Front Plant Sci. 2018 Apr 13;9:463. doi: 10.3389/fpls.2018.00463. eCollection 2018.
Phosphorus (P) is an important nutrient, whose plant-available form phosphate is often low in natural forest ecosystems. Mycorrhizal fungi mine the soil for P and supply their host with this resource. It is unknown how ectomycorrhizal communities respond to changes in P availability. Here, we used young beech ( L.) trees in natural forest soil from a P-rich and P-poor site to investigate the impact of P amendment on soil microbes, mycorrhizas, beech P nutrition, and photosynthesis. We hypothesized that addition of P to forest soil increased P availability, thereby, leading to enhanced microbial biomass and mycorrhizal diversity in P-poor but not in P-rich soil. We expected that P amendment resulted in increased plant P uptake and enhanced photosynthesis in both soil types. Young beech trees with intact soil cores from a P-rich and a P-poor forest were kept in a common garden experiment and supplied once in fall with triple superphosphate. In the following summer, labile P in the organic layer, but not in the mineral top soil, was significantly increased in response to fertilizer treatment.
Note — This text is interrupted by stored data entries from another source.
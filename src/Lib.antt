-- ===== src/Lib.antt =====
-- A model of network_service, the daemon that manages Ethernet, Wi-Fi, routes and DNS of a device
-- and answers clients on a local socket.
--
-- The parts and how they interact. A client of protocol v1 sends frames: bytes come in chunks from
-- the socket into a FrameDecoder (Codec), and each frame goes to the client's Session (Session),
-- which first wants a HELLO (Hello) and then takes REQUESTs (Request), both JSON texts read by a
-- small scanner (Json). A session answers by itself or hands the request on to the server. What
-- the server sends goes through a bounded queue and a writer with a stall timeout (Outbound);
-- events are numbered (Event), and the client's tracker accepts them in order or asks for a new
-- snapshot (Rebase). Behind the server, platform facts are normalised into one snapshot
-- (NetworkState), a detector tells which parts have changed in meaning (ChangeDetector), the
-- control plane owns default routes and the resolver file under a route policy (PlaneState,
-- ControlPlane), follows its links and their leases (PlaneLinks) and repairs what others changed
-- (PlaneRepair), and Wi-Fi is scanned (WifiScan) and its saved profiles are managed (WifiProfile),
-- all through injected functions. The Wi-Fi manager (WifiManager) runs callers and a worker on
-- shared flags, the WPA monitor (WpaMonitor) turns the supplicant's messages (WpaStatus) into
-- facts, and the Ethernet configuration is kept in a file (EthernetText) that is staged and then
-- renamed (EthernetFile), in one transaction with what the plane puts into effect
-- (EthernetTransaction). A request of a session reaches the daemon through the business dispatch
-- (BusinessReader, Business), which writes what the daemon answers as JSON (Representation).
--
-- Which file models which code:
--   Codec           src/ipc/network_ipc_v1_codec.cpp: encode_frame, decode_header and FrameDecoder
--                   (feed, parse_available, take_frame, reset)
--   Rebase          src/ipc/network_ipc_v1_rebase.cpp: RebaseTracker and encode_snapshot_response
--   Event           src/ipc/network_ipc_v1_event.cpp: EventSequencer and json_escape
--   Outbound        src/ipc/network_ipc_v1_outbound.cpp: OutboundQueue and OutboundWriter
--   Json            src/ipc/network_ipc_v1_session.cpp, up to parse_uint64
--   Hello, Request  src/ipc/network_ipc_v1_session.cpp: parse_hello_versions and parse_request
--   Session         src/ipc/network_ipc_v1_session.cpp: Session::handle_frame, handle_request and the
--                   results that they build
--   Types           include/network_service_types.h and include/network_service_contracts.h
--   NetworkState    src/service/network_state.cpp
--   ChangeDetector  src/service/network_state_change_detector.cpp
--   PlaneState      src/service/network_control_plane.cpp: the state, and the decisions on it alone
--   ControlPlane    src/service/network_control_plane.cpp: apply_routes_locked, recompute_dns_locked
--                   and set_route_policy, with the owned routes
--   PlaneLinks      src/service/network_control_plane.cpp and its reconcile file: start_dhcp, stop_dhcp,
--                   adopt_dhcp and apply_ethernet_static
--   PlaneRepair     src/service/network_control_plane_reconcile.cpp
--   WifiManager     src/service/wifi_manager.cpp
--   WifiScan        src/service/wifi_scan_lifecycle.cpp
--   WifiProfile     src/service/wifi_profile_policy.cpp
--   Representation  src/ipc/network_ipc_representation.cpp
--   BusinessReader  src/ipc/network_ipc_v1_business_dispatch.cpp: the reader of the parameters
--   Business        src/ipc/network_ipc_v1_business_dispatch.cpp: the requests and their answers
--   Lines           the parts of std::getline that the readers of files and replies use
--   WpaStatus       src/platform/wpa_event_monitor.cpp: the texts of events and of the status reply
--   WpaMonitor      src/platform/wpa_event_monitor.cpp: the facts, and the thread's loop
--   EthernetText    src/config/ethernet_config.cpp: the text of the file
--   EthernetFile    src/config/ethernet_config.cpp: staging, commit and save
--   EthernetTransaction
--                   src/service/network_daemon.cpp: apply_ethernet_transaction and the operations
--                   eth_get_config, eth_set_dhcp and eth_set_static
-- The child modules of a part hold its proofs, Prelude holds the shared vocabulary, and Tests
-- holds runs on concrete inputs.
--
-- How the code is carried over. An object is a record, and an operation returns the new record
-- beside its result. A byte or a character is a number below 256, and a text is a list of them. An
-- unsigned 64-bit counter keeps its wrap-around, and an int that is only compared is an integer. A
-- position in a text is the text from that position on. What the code gets from outside is an
-- argument: the answers of send and poll are a list of replies, one for each round; a port of the
-- profile policy or of the control plane is a function of a world; the functions injected into the
-- scan lifecycle and its clock answer once in a call, and its time does not wrap. The daemon
-- behind the business dispatch is a record of functions of a world.
--
-- The threads of the Wi-Fi manager are steps of callers and a worker, each with a place in its
-- code, and a run is any order of such steps. The monitor's thread is its reaction to a list of
-- inputs: the control socket opens, a message, a silence or the loss of the socket. For the
-- Ethernet file, the disk is a function from a path to a content, the system calls answer by an
-- argument; a number that atoi reads is not bounded. A start of the DHCP client that fails is
-- taken to leave no client, and a stop to take it away. A platform may give any answers; where a
-- theorem speaks of the resolver file, its snapshot shows that file.
--
-- Fuel. The decoder's loop takes the length of its buffer and one more, the member loops the
-- length of their text and one more, and the scanner three units for each character and three
-- more; each round takes at least one character, and between two characters at most three calls
-- follow one another. The reader of parameters takes the length of its text and one more, and
-- descends by the levels that its limit on depth leaves. The loop of flush recurs on the replies,
-- and the other loops on their lists.
--
-- What is not modelled: the sockets and threads of the server and the v0 line protocol, the
-- daemon's constructor, its event loop and its operations beside those on Ethernet, the files of
-- DHCP leases, the netlink sockets, processes and shell commands, the Wi-Fi backend with the
-- supplicant's client, and the tools and scripts. Of the tables that only turn an enumeration into
-- a text, those of the scan state, of the request errors and of the JSON representation are in,
-- the others are left out. The bytes of a text are those of its ASCII literals; isspace, isdigit
-- and isxdigit are those of the C locale. Nothing in the code tests whether a text is UTF-8, so
-- nothing here does.
pub mod Prelude
pub mod Codec
pub mod Rebase
pub mod Event
pub mod Outbound
pub mod Tests
pub mod Types
pub mod NetworkState
pub mod ChangeDetector
pub mod WifiScan
pub mod WifiProfile
pub mod WifiManager
pub mod Json
pub mod Hello
pub mod Request
pub mod Session
pub mod Representation
pub mod BusinessReader
pub mod Business
pub mod Lines
pub mod WpaStatus
pub mod WpaMonitor
pub mod EthernetText
pub mod EthernetFile
pub mod EthernetTransaction
pub mod PlaneLinks
pub mod PlaneRepair
pub mod PlaneState
pub mod ControlPlane
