-- ===== src/Types.antt =====
-- include/network_service_types.h and include/network_service_contracts.h: the facts about
-- interfaces, leases and access points that the parts of the service exchange.
use network_service.Prelude.{Bool, false, [], Bytes}
use network_service.Prelude.Int.{ℤ, pos, negsuc}

pub data RoutePolicy : Type 0 where
  ethernet_preferred wifi_preferred wifi_only manual_metric : RoutePolicy

pub data DnsPolicy : Type 0 where
  overwrite : DnsPolicy

pub data WifiL2State : Type 0 where
  unknown disabled disconnected associating associated handshake connected failed : WifiL2State

pub data IpState : Type 0 where
  no_ip configuring ready : IpState

pub data DhcpClientState : Type 0 where
  idle starting running failed : DhcpClientState

pub record InterfaceSnapshot : Type 0 where
  pub iface : Bytes
  pub exists : Bool
  pub carrier_up : Bool
  pub has_ip : Bool
  pub ip4 : Bytes
  pub netmask4 : Bytes
  pub has_default_route : Bool
  pub gateway4 : Bytes
  pub route_metric : ℤ
  pub enabled : Bool
  pub connected : Bool
  pub ip_state : IpState
  pub wifi_l2_state : WifiL2State
  pub ssid : Bytes
  pub signal_dbm : ℤ
  pub signal_bars : ℤ

pub record NetworkSnapshot : Type 0 where
  pub eth : InterfaceSnapshot
  pub wifi : InterfaceSnapshot
  pub route_policy : RoutePolicy
  pub dns_policy : DnsPolicy
  pub primary_iface : Bytes
  pub dns_available : Bool
  pub dns_managed_by_network_service : Bool
  pub network_ready : Bool
  pub online : Bool
  pub dns4 : Bytes

-- The values that the member initialisers give.
abbrev pub empty_interface : InterfaceSnapshot
empty_interface = record {
  iface = [];
  exists = false;
  carrier_up = false;
  has_ip = false;
  ip4 = [];
  netmask4 = [];
  has_default_route = false;
  gateway4 = [];
  route_metric = negsuc 0;
  enabled = false;
  connected = false;
  ip_state = no_ip;
  wifi_l2_state = unknown;
  ssid = [];
  signal_dbm = pos 0;
  signal_bars = pos 0;
}

abbrev pub empty_snapshot : NetworkSnapshot
empty_snapshot = record {
  eth = empty_interface;
  wifi = empty_interface;
  route_policy = ethernet_preferred;
  dns_policy = overwrite;
  primary_iface = [];
  dns_available = false;
  dns_managed_by_network_service = false;
  network_ready = false;
  online = false;
  dns4 = [];
}

pub record WifiApRecord : Type 0 where
  pub bssid : Bytes
  pub frequency : ℤ
  pub signal_dbm : ℤ
  pub flags : Bytes
  pub ssid : Bytes

pub data DhcpLeaseEvent : Type 0 where
  no_event bound renew deconfig : DhcpLeaseEvent

pub record DhcpLeaseFact : Type 0 where
  pub event : DhcpLeaseEvent
  pub iface : Bytes
  pub generation : Bytes
  pub ip4 : Bytes
  pub netmask4 : Bytes
  pub gateway4 : Bytes
  pub dns4 : Bytes

abbrev pub no_lease : DhcpLeaseFact
no_lease = record {
  event = no_event;
  iface = [];
  generation = [];
  ip4 = [];
  netmask4 = [];
  gateway4 = [];
  dns4 = [];
}

pub record EthernetConfig : Type 0 where
  pub iface : Bytes
  pub method : Bytes
  pub ip4 : Bytes
  pub netmask4 : Bytes
  pub gateway4 : Bytes
  pub dns4 : Bytes
  pub route_metric : ℤ
  pub dns_enabled : Bool

pub record WifiSavedNetwork : Type 0 where
  pub network_id : ℤ
  pub ssid : Bytes
  pub bssid : Bytes
  pub flags : Bytes
  pub is_current : Bool
  pub is_disabled : Bool
  pub is_temp_disabled : Bool
  pub autoconnect : Bool
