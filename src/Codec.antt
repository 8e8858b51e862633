-- ===== src/Codec.antt =====
-- src/ipc/network_ipc_v1_codec.cpp and its header: the 12-byte frame header, the encoder and the
-- stream decoder. A byte is a number below 256; `error_` is `no_error` where the source has `None`.
pub mod Header
pub mod Stream
pub mod Decoding
pub mod RoundTrip
pub mod Bounds
use network_service.Prelude.{
  ℕ, zero, suc, ◌+◌, ◌*◌, ◌/◌, ◌%◌, ◌^◌, Bool, true, false, not, ◌&&◌, List, [], ◌∷◌, ◌++◌, Option,
  none, some, ltb, leb, ◌==◌, if◌then◌else◌, length, is_empty, get_or, take, drop, Bytes,
}

abbrev pub k_header_size : ℕ
k_header_size = 12

abbrev pub k_max_payload_bytes : ℕ
k_max_payload_bytes = 64 * 1024

abbrev pub k_protocol_version : ℕ
k_protocol_version = 1

pub data MessageType : Type 0 where
  hello ready request response event error : MessageType

pub data CodecError : Type 0 where
  no_error invalid_magic unsupported_version invalid_message_type : CodecError
  non_zero_flags payload_too_large : CodecError

pub data DecodeStatus : Type 0 where
  need_more frame_ready failed : DecodeStatus

pub record FrameHeader : Type 0 where
  pub version : ℕ
  pub type : MessageType
  pub flags : ℕ
  pub payload_length : ℕ

pub record Frame : Type 0 where
  pub header : FrameHeader
  pub payload : Bytes

-- `static_cast<uint8_t>` of a message type, and back on the valid values.
abbrev pub type_code : MessageType → ℕ
type_code hello = 1
type_code ready = 2
type_code request = 3
type_code response = 4
type_code event = 5
type_code error = 6

abbrev pub type_of_code : ℕ → MessageType
type_of_code c =
    if c == 1
    then hello
    else if c == 2
    then ready
    else if c == 3
    then request
    else if c == 4
    then response
    else if c == 5
    then event
    else error

-- `p[i]`; every read of the source is in range.
unfoldable pub byte_at : Bytes → ℕ → ℕ
byte_at p i = get_or p i 0

-- The operands of `|` have disjoint bits, so `|` is `+`.
unfoldable pub read_be16 : Bytes → ℕ → ℕ
read_be16 p i = byte_at p i * 2 ^ 8 + byte_at p (suc i)

unfoldable pub read_be32 : Bytes → ℕ → ℕ
read_be32 p i =
    byte_at p i * 2 ^ 24
    + byte_at p (suc i) * 2 ^ 16
    + byte_at p (suc (suc i)) * 2 ^ 8
    + byte_at p (suc (suc (suc i)))

unfoldable pub write_be16 : ℕ → Bytes
write_be16 v = (v / 2 ^ 8 % 256) ∷ (v % 256) ∷ []

unfoldable pub write_be32 : ℕ → Bytes
write_be32 v = (v / 2 ^ 24 % 256) ∷ (v / 2 ^ 16 % 256) ∷ (v / 2 ^ 8 % 256) ∷ (v % 256) ∷ []

abbrev pub k_magic : Bytes
k_magic = b'N' ∷ b'S' ∷ b'P' ∷ b'1' ∷ []

unfoldable pub magic_matches : Bytes → Bool
magic_matches p =
    byte_at p 0 == b'N' && byte_at p 1 == b'S' && byte_at p 2 == b'P' && byte_at p 3 == b'1'

unfoldable pub is_valid_message_type : ℕ → Bool
is_valid_message_type value = leb (type_code hello) value && leb value (type_code error)

-- The first component is the header where the source returns true and fills `out`; the second is
-- what it leaves in `error`. A buffer that is too short is `(none, no_error)`.
unfoldable pub decode_header : Bytes → Option FrameHeader × CodecError
decode_header p =
    if ltb (length p) k_header_size
    then (none, no_error)
    else if not (magic_matches p)
    then (none, invalid_magic)
    else if not (byte_at p 4 == k_protocol_version)
    then (none, unsupported_version)
    else if not (is_valid_message_type (byte_at p 5))
    then (none, invalid_message_type)
    else if not (read_be16 p 6 == 0)
    then (none, non_zero_flags)
    else if ltb k_max_payload_bytes (read_be32 p 8)
    then (none, payload_too_large)
    else (
      some (record {
        version = byte_at p 4;
        type = type_of_code (byte_at p 5);
        flags = read_be16 p 6;
        payload_length = read_be32 p 8;
      }),
      no_error,
    )

-- What `encode_frame` writes in front of the payload.
unfoldable pub header_bytes : MessageType → ℕ → Bytes
unfolding write_be16 write_be32
header_bytes type size =
    k_magic ++ (k_protocol_version ∷ type_code type ∷ (write_be16 0 ++ write_be32 size))

unfoldable pub encode_frame : MessageType → Bytes → Bytes × CodecError
unfolding is_valid_message_type
encode_frame type payload =
    if not (is_valid_message_type (type_code type))
    then ([], invalid_message_type)
    else if ltb k_max_payload_bytes (length payload)
    then ([], payload_too_large)
    else (header_bytes type (length payload) ++ payload, no_error)

-- `FrameDecoder`: `buffer_`, `frames_` and `error_`.
pub record FrameDecoder : Type 0 where
  pub buffer : Bytes
  pub frames : List Frame
  pub error_state : CodecError

abbrev pub new_decoder : FrameDecoder
new_decoder = record { buffer = []; frames = []; error_state = no_error }

-- One round of the loop in `parse_available`: what stands at the front of the buffer.
pub data Front : Type 0 where
  incomplete : Front
  broken : CodecError → Front
  complete : Frame → Bytes → Front

unfoldable pub cut_frame : Bytes → Option FrameHeader × CodecError → Front
cut_frame b (none, no_error) = incomplete
cut_frame b (none, e) = broken e
cut_frame b (some h, e) =
    if ltb (length b) (k_header_size + h.payload_length)
    then incomplete
    else complete (record { header = h; payload = take h.payload_length (drop k_header_size b) })
        (drop (k_header_size + h.payload_length) b)

unfoldable pub front_frame : Bytes → Front
unfolding cut_frame
front_frame b = if ltb (length b) k_header_size then incomplete else cut_frame b (decode_header b)

unfoldable pub status_of : FrameDecoder → DecodeStatus
status_of d = if is_empty d.frames then need_more else frame_ready

-- The loop of `parse_available`. Each round that goes on drops at least 12 bytes of the buffer.
unfoldable pub parse_loop : ℕ → FrameDecoder → FrameDecoder × DecodeStatus
unfolding status_of
parse_loop zero d = (d, status_of d)
parse_loop (suc fuel) d = elim (front_frame d.buffer) [
  | incomplete ↦ (d, status_of d)
  | broken e ↦ (record d { error_state = e }, failed)
  | complete f rest ↦ parse_loop fuel (record d { frames = d.frames ++ (f ∷ []); buffer = rest })
]

unfoldable pub parse_available : FrameDecoder → FrameDecoder × DecodeStatus
unfolding parse_loop
parse_available d = parse_loop (suc (length d.buffer)) d

-- The argument of `feed`: a null pointer with a size, or a range of bytes.
pub data Chunk : Type 0 where
  null : ℕ → Chunk
  range : Bytes → Chunk

unfoldable pub feed_ready : FrameDecoder → Chunk → FrameDecoder × DecodeStatus
unfolding parse_available
feed_ready d (null size) =
    if size == 0 then parse_available d else (record d { error_state = invalid_magic }, failed)
feed_ready d (range bytes) = parse_available (record d { buffer = d.buffer ++ bytes })

abbrev pub is_no_error : CodecError → Bool
is_no_error no_error = true
is_no_error _ = false

unfoldable pub feed : FrameDecoder → Chunk → FrameDecoder × DecodeStatus
unfolding feed_ready
feed d c = if not (is_no_error d.error_state) then (d, failed) else feed_ready d c

pub has_frame : FrameDecoder → Bool
has_frame d = not (is_empty d.frames)

-- `none` is the `std::logic_error` of an empty queue.
unfoldable pub take_frame : FrameDecoder → Option (Frame × FrameDecoder)
take_frame d = elim d.frames [ [] ↦ none | f ∷ rest ↦ some (f, record d { frames = rest }) ]

unfoldable pub reset : FrameDecoder → FrameDecoder
reset d = new_decoder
P-rich soil contained higher microbial biomass than P-poor soil. P treatment had no effect on microbial biomass but influenced the mycorrhizal communities in P-poor soil and shifted their composition toward higher similarities to those in P-rich soil. Plant uptake efficiency was negatively correlated with the diversity of mycorrhizal communities and highest for trees in P-poor soil and lowest for fertilized trees. In both soil types, radioactive P tracing (HPO) revealed preferential aboveground allocation of new P in fertilized trees, resulting in increased bound P in xylem tissue and enhanced soluble P in bark, indicating increased storage and transport. Fertilized beeches from P-poor soil showed a strong increase in leaf P concentrations from deficient to luxurious conditions along with increased photosynthesis. Based on the divergent behavior of beech in P-poor and P-rich forest soil, we conclude that acclimation of beech to low P stocks involves dedicated mycorrhizal community structures, low P reserves in storage tissues and photosynthetic inhibition, while storage and aboveground allocation of additional P occurs regardless of the P nutritional status.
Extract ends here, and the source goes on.